Stakeholders can affect or be affected by
the Organization's Actions, Objectives and Policies. Some examples
of Key Stakeholders
are Creditors, Directors, Employees, Government (and
its agencies), Owners (Shareholders), Suppliers, Unions and
the community from which the business draws its resources.
Not all Stakeholders are equal.
A company's Customers are entitled to fair Trading Practices
but they are not entitled to the same consideration as the
Company's Employees. An example of a negative impact on
Stakeholders is when a company needs to cut costs and plans
a round of layoffs. This negatively affects the community
of workers in the area and, therefore, the local economy. Someone
owning shares in a business such as Microsoft is positively affected.
For example, when the company releases a new device and sees
their profit and therefore stock prices rise.

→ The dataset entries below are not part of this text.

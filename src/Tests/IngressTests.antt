-- ===== src/Tests/IngressTests.antt =====
-- The ingress on one request, with small stand-ins for the libraries.
use mutsumi_s_sync.Common.{
  ◌≡◌, refl, false, some, List, [], ◌∷◌, Text, codes, Result, ok, get, text_eq, partition_at, strip,
  rstrip, lstrip, is_space, words, join,
}
use mutsumi_s_sync.Json.{Json, Fields, str, obj, end, field, get_field, get_or_null, truthy}
use mutsumi_s_sync.Ledger.{Ledger, empty, append_event, get_event, ensure_actor}
use mutsumi_s_sync.Ledger.Invariant.{IsValid, IsValid-empty}
use mutsumi_s_sync.Ingress.Defs.{
  Failure, ServiceMessageEvent, Libraries, IngressConfig, authorized, lower, is_service_id,
  validate_segments, parse_event, text_from_segments, clean_actor_name,
}
use mutsumi_s_sync.Ingress.Process.{Request, Accepted, check_request, process_request}
use mutsumi_s_sync.Ingress.Process.Acceptance.{
  Holds, Repeats, accepted-Holds, process_request_again,
}

abbrev payload : Fields
payload =
    field (codes "post_type") (str (codes "message"))
      (field (codes "message_type") (str (codes "private")) end)

abbrev segment : Json
segment = obj (
    field (codes "type") (str (codes "text"))
      (field (codes "data") (obj (field (codes "text") (str (codes "hi")) end)) end))

abbrev message : ServiceMessageEvent
message = record {
  user_id = codes "ci";
  message = segment ∷ [];
  raw_message = [];
  message_id = codes "m1";
  sender = end;
}

abbrev text_of : Json → Text
text_of (str t) = t
text_of _ = []

abbrev lib : Libraries
lib = record {
  to_str = text_of;
  urlparse = λ url. (codes "http", url);
  decode_json = λ body. some (obj payload);
  model_validate = λ fields. some message;
  uuid5 = λ name. name;
}

abbrev config : IngressConfig
config = record { token = codes "secret"; max_body_bytes = 1024; target_user_id = codes "1" }

abbrev request : Request
request = record {
  method = codes "POST";
  path = codes "/v1/events?x=1";
  headers =
      (codes "authorization", codes "Bearer secret")
      ∷ (codes "content-type", codes "application/json; charset=utf-8")
      ∷ [];
  body = [];
}

abbrev event_id : Text
event_id = codes "mutsumi-ingress:ci:m1"

-- A receiver that collects the ids it is handed.
abbrev on_event : ServiceMessageEvent → Text → List Text → Result Failure (Unit {0}) × List Text
on_event event id queue = (ok tt, id ∷ queue)

abbrev others : Ledger → Ledger
others ledger = ledger

abbrev first_run : Result Failure Accepted × Ledger × List Text
first_run = process_request lib config on_event others 5 request empty []

request_accepted :
    (first_run.0 ≡ ok (record { duplicate = false; event_id = event_id }))
    × (first_run.2 ≡ event_id ∷ [])
unfolding process_request check_request parse_event validate_segments is_service_id authorized lower
    partition_at strip get get_or_null get_field truthy text_eq append_event get_event ensure_actor
    text_from_segments clean_actor_name words join rstrip lstrip is_space
request_accepted = (refl, refl)

accepted-Holds_example : IsValid first_run.1 × Holds event_id first_run.1
accepted-Holds_example =
    accepted-Holds lib config on_event others (λ ledger v. v) 5 request empty [] IsValid-empty
      (record { duplicate = false; event_id = event_id }) request_accepted.0

process_request_again_example :
    let again = process_request lib config on_event others 8 request first_run.1 [] in
    (again.1 ≡ first_run.1) × Repeats again.0
process_request_again_example =
    process_request_again lib config on_event others (λ ledger v. v) 5 request empty []
      IsValid-empty 8 []
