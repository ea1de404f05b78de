-- ===== src/Tests/JobTests.antt =====
-- The job table on two jobs.
use mutsumi_s_sync.Common.{
  ◌≡◌, refl, true, false, ◌&&◌, ◌⊎◌, some, List, [], ◌∷◌, ◌++◌, map, Text, codes, text_eq, strip,
  lstrip, rstrip, is_space, ok, err, All,
}
use mutsumi_s_sync.Common.{not, ◌||◌}
use mutsumi_s_sync.Json.{Fields, field, end, str, boolean}
use mutsumi_s_sync.Jobs.{
  BackgroundJob, JobRow, JobSource, statuses, is_one_of, running, queued, check_source, create_job,
  new_row, find_key, insert_job, get_job, update_job, recover_jobs, job_of, bad_status,
  insert_created, order_created,
}
use mutsumi_s_sync.Jobs.Creation.{create_job_again}
use mutsumi_s_sync.Jobs.Updates.{HasSource, update_job_lem, update_job-refused}
use mutsumi_s_sync.Jobs.Recovery.{
  OrderedFrom, count, is_queued, recover_jobs-report, recover_jobs-stopped,
}

abbrev pub source : JobSource
source = record {
  conversation_id = codes "private:1";
  actor_id = codes "qq:user:1";
  peer_chat_type = 1;
  peer_uid = codes "1";
  request = codes "look it up";
  input_event_ids = codes "e1" ∷ [];
}

abbrev pub digest : Text → List Text → Text
digest conversation [] = conversation
digest conversation (id ∷ ids) = conversation ++ id

abbrev pub one_job : List JobRow
one_job = (create_job digest (codes "j1") 3 source []).1

abbrev pub first : BackgroundJob
first = (new_row (codes "j1") 3 (codes "private:1e1") source).job

created :
    (check_source source ≡ ok tt) × ((create_job digest (codes "j1") 3 source []).0 ≡ ok first)
unfolding check_source create_job insert_job find_key strip lstrip rstrip is_space text_eq
created = (refl, refl)

create_job_again_example : create_job digest (codes "j2") 4 source one_job ≡ (ok first, one_job)
create_job_again_example =
    create_job_again digest (codes "j1") (codes "j2") 3 4 source source [] first created.0 created.0
      refl refl refl created.1

abbrev to_running : Fields
to_running = field (codes "status") (str running) (field (codes "delivered") (boolean true) end)

abbrev bad : Fields
bad = field (codes "status") (str (codes "lost")) end

abbrev started : BackgroundJob
started = record first { status = running; delivered = true }

updated :
    ((update_job (codes "j1") to_running one_job).0 ≡ ok started)
    × ((update_job (codes "j1") bad one_job).0 ≡ err bad_status)
unfolding update_job get_job check_source create_job insert_job find_key strip lstrip rstrip
    is_space text_eq
updated = (refl, refl)

update_job_lem_example :
    let after = (update_job (codes "j1") to_running one_job).1 in
    (old : BackgroundJob) × (get_job (codes "j1") one_job ≡ some old)
    × HasSource started old
    × (get_job (codes "j1") after ≡ some started)
    × ((other : Text)
        → (text_eq (codes "j1") other ≡ true) ⊎ (get_job other after ≡ get_job other one_job))
update_job_lem_example = update_job_lem (codes "j1") to_running one_job started updated.0

update_job-refused_example : (update_job (codes "j1") bad one_job).1 ≡ one_job
update_job-refused_example = update_job-refused (codes "j1") bad one_job bad_status updated.1

one_job-statuses : All (λ r. is_one_of statuses r.job.status ≡ true) one_job
unfolding check_source create_job insert_job find_key strip lstrip rstrip is_space text_eq
one_job-statuses = (refl, tt)

abbrev two_jobs : List JobRow
two_jobs =
    record { job = started; request_key = codes "k1" }
    ∷ record { job = first; request_key = codes "k2" }
    ∷ []

recovered : (recover_jobs two_jobs).0 ≡ first ∷ []
unfolding recover_jobs order_created insert_created text_eq
recovered = refl

recover_jobs-report_example :
    OrderedFrom 0 (recover_jobs two_jobs).0
    × (count (λ j. j.delivered) (recover_jobs two_jobs).0
        ≡ count
            (λ j. (text_eq j.status queued || not j.delivered) && j.delivered)
            (map job_of (recover_jobs two_jobs).1))
recover_jobs-report_example = recover_jobs-report two_jobs (λ j. j.delivered)

recover_jobs-stopped_example :
    All (λ r. text_eq r.job.status running ≡ false) (recover_jobs two_jobs).1
    × (count is_queued (map job_of (recover_jobs two_jobs).1)
        ≡ count is_queued (map job_of two_jobs))
    × (recover_jobs (recover_jobs two_jobs).1 ≡ recover_jobs two_jobs)
recover_jobs-stopped_example = recover_jobs-stopped two_jobs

DEFINITION OF STAKEHOLDER MAPPING


A Stakeholder Map is a Business Tool that allows you to see a visual
representation of your company's various Stakeholders (individual
and groups), their level of interest in the Company and their
importance to the company. It usually looks like a chart. Different
Stakeholders or Groups of Stakeholders are categorized and listed
on a chart according to their level of interest and the power they
exert over a Company.

PURPOSE
Stakeholders have power over a Company. Some of those are people
who own shares in the Company. Other Stakeholders are the
Customers who buy the products or services the Company offers.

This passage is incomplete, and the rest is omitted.